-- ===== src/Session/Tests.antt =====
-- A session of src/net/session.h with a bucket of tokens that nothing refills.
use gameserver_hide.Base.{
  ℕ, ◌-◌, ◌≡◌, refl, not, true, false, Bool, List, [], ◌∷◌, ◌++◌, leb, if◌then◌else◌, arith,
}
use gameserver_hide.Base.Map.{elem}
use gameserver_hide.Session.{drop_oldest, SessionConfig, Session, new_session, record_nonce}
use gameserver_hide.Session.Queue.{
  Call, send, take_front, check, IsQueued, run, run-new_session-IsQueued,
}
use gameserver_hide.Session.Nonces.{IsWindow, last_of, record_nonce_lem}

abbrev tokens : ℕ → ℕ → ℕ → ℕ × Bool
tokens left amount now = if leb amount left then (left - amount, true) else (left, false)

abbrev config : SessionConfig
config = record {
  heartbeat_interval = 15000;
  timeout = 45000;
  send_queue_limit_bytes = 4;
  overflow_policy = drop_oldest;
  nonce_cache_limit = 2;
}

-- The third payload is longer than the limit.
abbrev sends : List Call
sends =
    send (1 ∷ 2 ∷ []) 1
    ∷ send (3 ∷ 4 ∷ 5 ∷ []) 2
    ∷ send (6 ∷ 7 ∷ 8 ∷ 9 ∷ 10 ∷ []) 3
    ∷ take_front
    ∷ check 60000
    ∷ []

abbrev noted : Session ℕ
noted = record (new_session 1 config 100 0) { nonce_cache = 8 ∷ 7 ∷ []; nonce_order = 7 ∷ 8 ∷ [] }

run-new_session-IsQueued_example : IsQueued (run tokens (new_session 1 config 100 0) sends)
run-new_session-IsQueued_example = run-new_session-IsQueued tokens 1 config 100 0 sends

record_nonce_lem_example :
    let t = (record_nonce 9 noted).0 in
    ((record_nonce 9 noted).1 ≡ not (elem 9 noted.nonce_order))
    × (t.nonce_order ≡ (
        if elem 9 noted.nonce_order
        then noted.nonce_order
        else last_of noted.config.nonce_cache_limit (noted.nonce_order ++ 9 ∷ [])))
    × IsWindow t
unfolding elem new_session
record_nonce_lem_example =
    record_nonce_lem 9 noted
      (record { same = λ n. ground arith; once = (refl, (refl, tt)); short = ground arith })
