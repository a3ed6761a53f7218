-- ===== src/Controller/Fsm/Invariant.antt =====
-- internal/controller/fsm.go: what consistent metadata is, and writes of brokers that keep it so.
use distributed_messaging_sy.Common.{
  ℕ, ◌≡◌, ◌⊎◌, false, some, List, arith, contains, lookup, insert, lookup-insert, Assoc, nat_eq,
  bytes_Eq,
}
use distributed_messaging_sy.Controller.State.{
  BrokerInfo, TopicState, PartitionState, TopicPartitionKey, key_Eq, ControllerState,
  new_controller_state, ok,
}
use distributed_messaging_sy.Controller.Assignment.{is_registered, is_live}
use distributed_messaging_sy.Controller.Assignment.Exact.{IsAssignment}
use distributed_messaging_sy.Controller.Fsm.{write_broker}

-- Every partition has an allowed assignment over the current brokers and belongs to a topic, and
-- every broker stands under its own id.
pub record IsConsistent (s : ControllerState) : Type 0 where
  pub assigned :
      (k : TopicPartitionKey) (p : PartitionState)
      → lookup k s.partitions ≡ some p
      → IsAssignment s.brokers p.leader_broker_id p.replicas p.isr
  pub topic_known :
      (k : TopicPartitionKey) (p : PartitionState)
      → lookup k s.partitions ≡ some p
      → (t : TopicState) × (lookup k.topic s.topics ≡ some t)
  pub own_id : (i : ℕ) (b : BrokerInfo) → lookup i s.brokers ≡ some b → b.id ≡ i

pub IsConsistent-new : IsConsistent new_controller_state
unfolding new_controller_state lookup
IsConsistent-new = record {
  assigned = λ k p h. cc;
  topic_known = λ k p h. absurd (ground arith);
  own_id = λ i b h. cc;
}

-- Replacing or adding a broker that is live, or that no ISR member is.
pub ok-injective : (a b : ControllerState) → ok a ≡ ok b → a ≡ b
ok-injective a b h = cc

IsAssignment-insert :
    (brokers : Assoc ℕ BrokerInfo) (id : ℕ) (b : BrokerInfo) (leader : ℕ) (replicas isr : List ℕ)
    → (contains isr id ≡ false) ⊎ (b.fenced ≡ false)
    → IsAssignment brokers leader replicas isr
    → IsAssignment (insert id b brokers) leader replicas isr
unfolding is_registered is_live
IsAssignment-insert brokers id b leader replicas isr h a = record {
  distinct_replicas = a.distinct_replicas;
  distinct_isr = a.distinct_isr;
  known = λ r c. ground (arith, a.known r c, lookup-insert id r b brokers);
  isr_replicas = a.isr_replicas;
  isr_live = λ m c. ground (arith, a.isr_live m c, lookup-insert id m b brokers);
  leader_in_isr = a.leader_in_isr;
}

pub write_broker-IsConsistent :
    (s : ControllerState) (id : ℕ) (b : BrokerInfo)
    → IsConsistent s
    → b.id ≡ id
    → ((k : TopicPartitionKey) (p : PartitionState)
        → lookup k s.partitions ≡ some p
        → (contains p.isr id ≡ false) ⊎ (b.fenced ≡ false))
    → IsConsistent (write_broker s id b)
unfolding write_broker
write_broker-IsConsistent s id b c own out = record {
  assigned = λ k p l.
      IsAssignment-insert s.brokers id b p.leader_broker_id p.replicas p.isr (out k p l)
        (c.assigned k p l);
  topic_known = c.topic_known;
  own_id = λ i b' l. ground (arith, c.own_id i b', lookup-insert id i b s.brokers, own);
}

◆ ◆ ◆ ◆ ◆ ◆ ◆

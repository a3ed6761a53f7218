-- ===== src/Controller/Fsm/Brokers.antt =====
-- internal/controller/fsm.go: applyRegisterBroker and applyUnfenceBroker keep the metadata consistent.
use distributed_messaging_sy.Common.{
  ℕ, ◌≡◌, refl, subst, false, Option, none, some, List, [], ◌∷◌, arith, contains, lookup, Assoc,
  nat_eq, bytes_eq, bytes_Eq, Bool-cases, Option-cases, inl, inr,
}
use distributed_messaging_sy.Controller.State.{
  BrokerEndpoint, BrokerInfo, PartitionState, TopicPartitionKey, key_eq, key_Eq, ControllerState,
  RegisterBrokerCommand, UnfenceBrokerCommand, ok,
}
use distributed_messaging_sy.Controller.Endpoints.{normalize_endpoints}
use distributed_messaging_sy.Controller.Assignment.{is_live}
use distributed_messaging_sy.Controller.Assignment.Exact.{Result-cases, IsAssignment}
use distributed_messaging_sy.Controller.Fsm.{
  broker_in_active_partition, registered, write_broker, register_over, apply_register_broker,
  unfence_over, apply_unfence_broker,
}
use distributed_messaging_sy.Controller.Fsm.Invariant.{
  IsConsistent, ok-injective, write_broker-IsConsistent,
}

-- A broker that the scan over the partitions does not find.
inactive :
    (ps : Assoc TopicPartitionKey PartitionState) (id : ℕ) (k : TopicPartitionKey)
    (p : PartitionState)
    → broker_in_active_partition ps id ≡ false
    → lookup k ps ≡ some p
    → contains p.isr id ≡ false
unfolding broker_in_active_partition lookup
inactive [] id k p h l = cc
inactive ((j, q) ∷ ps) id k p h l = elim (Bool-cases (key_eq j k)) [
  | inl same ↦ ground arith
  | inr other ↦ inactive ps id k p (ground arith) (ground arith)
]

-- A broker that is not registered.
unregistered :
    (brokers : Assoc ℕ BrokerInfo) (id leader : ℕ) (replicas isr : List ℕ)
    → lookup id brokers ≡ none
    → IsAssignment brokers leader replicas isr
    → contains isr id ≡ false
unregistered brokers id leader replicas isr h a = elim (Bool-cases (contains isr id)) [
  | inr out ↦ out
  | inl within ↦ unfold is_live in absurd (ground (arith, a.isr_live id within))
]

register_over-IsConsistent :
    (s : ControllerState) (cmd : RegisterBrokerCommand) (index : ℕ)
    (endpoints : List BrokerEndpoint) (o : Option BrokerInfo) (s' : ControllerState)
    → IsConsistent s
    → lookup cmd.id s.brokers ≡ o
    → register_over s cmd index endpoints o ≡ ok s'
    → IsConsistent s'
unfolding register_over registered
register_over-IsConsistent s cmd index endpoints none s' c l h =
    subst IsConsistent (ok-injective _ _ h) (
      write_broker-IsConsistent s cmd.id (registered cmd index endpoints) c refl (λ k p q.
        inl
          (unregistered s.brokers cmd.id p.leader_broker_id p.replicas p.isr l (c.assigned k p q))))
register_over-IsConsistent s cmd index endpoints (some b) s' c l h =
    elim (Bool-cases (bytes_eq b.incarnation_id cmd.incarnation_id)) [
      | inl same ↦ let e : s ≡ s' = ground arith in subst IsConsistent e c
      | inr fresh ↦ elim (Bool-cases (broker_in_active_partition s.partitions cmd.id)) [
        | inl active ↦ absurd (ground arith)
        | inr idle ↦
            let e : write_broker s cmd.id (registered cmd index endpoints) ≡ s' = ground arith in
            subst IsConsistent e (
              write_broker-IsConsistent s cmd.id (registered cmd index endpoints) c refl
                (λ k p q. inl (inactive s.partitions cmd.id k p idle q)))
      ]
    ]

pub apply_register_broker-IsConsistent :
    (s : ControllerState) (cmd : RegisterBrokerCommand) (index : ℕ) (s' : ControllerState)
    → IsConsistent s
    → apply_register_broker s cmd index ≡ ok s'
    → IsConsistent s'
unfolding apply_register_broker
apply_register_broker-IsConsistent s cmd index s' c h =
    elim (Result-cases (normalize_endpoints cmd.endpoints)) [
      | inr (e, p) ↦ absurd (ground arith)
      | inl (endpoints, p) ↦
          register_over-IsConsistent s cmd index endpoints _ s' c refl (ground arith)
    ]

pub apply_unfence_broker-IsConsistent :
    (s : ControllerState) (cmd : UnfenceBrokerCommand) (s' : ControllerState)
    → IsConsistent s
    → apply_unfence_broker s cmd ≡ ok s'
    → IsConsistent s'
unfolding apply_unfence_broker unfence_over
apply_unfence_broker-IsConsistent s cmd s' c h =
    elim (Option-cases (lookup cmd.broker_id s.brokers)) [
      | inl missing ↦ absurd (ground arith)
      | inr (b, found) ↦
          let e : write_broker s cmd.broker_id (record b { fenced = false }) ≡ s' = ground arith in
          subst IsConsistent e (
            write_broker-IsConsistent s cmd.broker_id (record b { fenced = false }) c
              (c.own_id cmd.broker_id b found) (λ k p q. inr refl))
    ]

◆ ◆ ◆ ◆ ◆ ◆ ◆

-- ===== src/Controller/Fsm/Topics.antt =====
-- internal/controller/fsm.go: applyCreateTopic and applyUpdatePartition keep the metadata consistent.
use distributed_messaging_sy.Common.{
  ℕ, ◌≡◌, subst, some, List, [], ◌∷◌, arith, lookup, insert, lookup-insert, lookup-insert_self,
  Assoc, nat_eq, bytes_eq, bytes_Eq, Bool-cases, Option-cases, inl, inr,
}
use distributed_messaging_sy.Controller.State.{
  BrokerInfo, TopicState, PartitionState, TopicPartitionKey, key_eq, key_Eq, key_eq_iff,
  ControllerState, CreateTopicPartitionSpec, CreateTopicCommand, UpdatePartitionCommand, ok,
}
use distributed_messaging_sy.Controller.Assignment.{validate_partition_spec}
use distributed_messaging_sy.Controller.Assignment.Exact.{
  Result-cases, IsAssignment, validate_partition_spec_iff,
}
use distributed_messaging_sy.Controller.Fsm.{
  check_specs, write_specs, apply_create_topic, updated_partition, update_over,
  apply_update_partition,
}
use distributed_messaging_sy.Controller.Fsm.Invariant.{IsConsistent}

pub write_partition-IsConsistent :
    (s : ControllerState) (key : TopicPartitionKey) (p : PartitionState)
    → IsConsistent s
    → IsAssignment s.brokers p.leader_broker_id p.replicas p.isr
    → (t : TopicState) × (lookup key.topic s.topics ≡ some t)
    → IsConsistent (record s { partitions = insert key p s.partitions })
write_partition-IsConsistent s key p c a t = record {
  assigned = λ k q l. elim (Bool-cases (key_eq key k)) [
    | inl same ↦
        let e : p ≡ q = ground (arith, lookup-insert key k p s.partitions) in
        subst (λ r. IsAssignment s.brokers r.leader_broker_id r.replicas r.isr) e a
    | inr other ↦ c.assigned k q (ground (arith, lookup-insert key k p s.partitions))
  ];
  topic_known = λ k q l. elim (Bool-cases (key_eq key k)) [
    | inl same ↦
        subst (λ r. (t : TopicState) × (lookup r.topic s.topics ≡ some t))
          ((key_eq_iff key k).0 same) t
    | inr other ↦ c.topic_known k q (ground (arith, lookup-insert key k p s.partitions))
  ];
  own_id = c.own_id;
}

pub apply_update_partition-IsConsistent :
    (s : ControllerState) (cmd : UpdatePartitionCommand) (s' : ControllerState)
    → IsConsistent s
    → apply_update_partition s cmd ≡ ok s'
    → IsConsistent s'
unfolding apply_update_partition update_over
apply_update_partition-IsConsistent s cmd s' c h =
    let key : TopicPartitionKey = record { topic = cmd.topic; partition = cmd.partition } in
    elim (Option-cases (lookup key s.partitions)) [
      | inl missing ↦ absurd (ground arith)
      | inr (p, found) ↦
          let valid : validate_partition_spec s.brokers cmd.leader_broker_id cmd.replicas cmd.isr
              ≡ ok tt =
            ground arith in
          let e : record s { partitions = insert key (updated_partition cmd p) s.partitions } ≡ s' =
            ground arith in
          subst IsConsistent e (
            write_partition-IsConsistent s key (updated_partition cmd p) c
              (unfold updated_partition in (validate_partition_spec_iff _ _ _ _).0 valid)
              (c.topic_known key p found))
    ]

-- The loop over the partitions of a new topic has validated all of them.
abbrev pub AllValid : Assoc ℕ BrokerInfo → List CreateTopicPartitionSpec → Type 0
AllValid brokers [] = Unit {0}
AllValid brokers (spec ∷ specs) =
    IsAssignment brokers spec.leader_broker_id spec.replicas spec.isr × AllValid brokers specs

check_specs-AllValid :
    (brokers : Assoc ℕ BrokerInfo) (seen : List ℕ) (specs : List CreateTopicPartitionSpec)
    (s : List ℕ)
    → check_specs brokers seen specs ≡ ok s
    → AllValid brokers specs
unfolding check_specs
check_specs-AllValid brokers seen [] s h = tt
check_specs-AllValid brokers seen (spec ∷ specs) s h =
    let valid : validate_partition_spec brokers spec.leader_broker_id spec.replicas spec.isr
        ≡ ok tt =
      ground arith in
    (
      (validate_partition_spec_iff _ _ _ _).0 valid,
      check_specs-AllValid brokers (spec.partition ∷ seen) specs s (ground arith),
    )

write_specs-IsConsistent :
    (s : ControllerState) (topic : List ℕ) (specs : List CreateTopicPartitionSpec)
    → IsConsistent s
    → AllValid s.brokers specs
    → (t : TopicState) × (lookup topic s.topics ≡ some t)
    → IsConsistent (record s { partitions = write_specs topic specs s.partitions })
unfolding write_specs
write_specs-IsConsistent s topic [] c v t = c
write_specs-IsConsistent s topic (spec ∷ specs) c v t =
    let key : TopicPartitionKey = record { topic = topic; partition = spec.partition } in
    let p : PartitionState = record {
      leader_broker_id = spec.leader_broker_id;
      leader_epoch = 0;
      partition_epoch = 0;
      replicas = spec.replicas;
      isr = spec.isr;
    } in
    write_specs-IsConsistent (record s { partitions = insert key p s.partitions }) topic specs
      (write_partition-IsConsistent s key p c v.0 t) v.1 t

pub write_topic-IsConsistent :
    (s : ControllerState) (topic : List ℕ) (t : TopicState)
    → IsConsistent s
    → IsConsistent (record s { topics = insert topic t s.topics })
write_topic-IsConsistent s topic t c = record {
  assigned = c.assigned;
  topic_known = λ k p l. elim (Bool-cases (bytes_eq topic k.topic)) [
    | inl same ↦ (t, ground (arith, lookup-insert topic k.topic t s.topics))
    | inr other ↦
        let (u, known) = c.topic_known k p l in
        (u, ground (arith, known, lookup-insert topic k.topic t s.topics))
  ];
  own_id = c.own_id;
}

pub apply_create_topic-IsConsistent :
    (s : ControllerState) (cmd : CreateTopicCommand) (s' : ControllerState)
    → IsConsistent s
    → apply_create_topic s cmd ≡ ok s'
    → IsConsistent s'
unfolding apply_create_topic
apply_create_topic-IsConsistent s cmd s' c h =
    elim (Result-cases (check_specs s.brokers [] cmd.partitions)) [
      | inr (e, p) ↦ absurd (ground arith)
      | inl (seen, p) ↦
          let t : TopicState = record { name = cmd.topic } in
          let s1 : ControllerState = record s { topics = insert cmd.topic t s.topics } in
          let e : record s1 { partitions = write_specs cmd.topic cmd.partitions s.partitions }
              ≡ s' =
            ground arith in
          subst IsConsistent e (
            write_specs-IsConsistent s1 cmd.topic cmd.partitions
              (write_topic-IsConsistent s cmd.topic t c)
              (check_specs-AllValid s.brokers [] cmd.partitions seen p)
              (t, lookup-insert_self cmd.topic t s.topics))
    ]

◆ ◆ ◆ ◆ ◆ ◆ ◆

- Exercise details
From the entries above, print the lines beginning at the one with "pub own_id : (i" and stopping after the one with "brokers) leader replicas isr", exactly as written and with nothing else.

- Result of the exercise
  pub own_id : (i : ℕ) (b : BrokerInfo) → lookup i s.brokers ≡ some b → b.id ≡ i

pub IsConsistent-new : IsConsistent new_controller_state
unfolding new_controller_state lookup
IsConsistent-new = record {
  assigned = λ k p h. cc;
  topic_known = λ k p h. absurd (ground arith);
  own_id = λ i b h. cc;
}

-- Replacing or adding a broker that is live, or that no ISR member is.
pub ok-injective : (a b : ControllerState) → ok a ≡ ok b → a ≡ b
ok-injective a b h = cc

IsAssignment-insert :
    (brokers : Assoc ℕ BrokerInfo) (id : ℕ) (b : BrokerInfo) (leader : ℕ) (replicas isr : List ℕ)
    → (contains isr id ≡ false) ⊎ (b.fenced ≡ false)
    → IsAssignment brokers leader replicas isr
    → IsAssignment (insert id b brokers) leader replicas isr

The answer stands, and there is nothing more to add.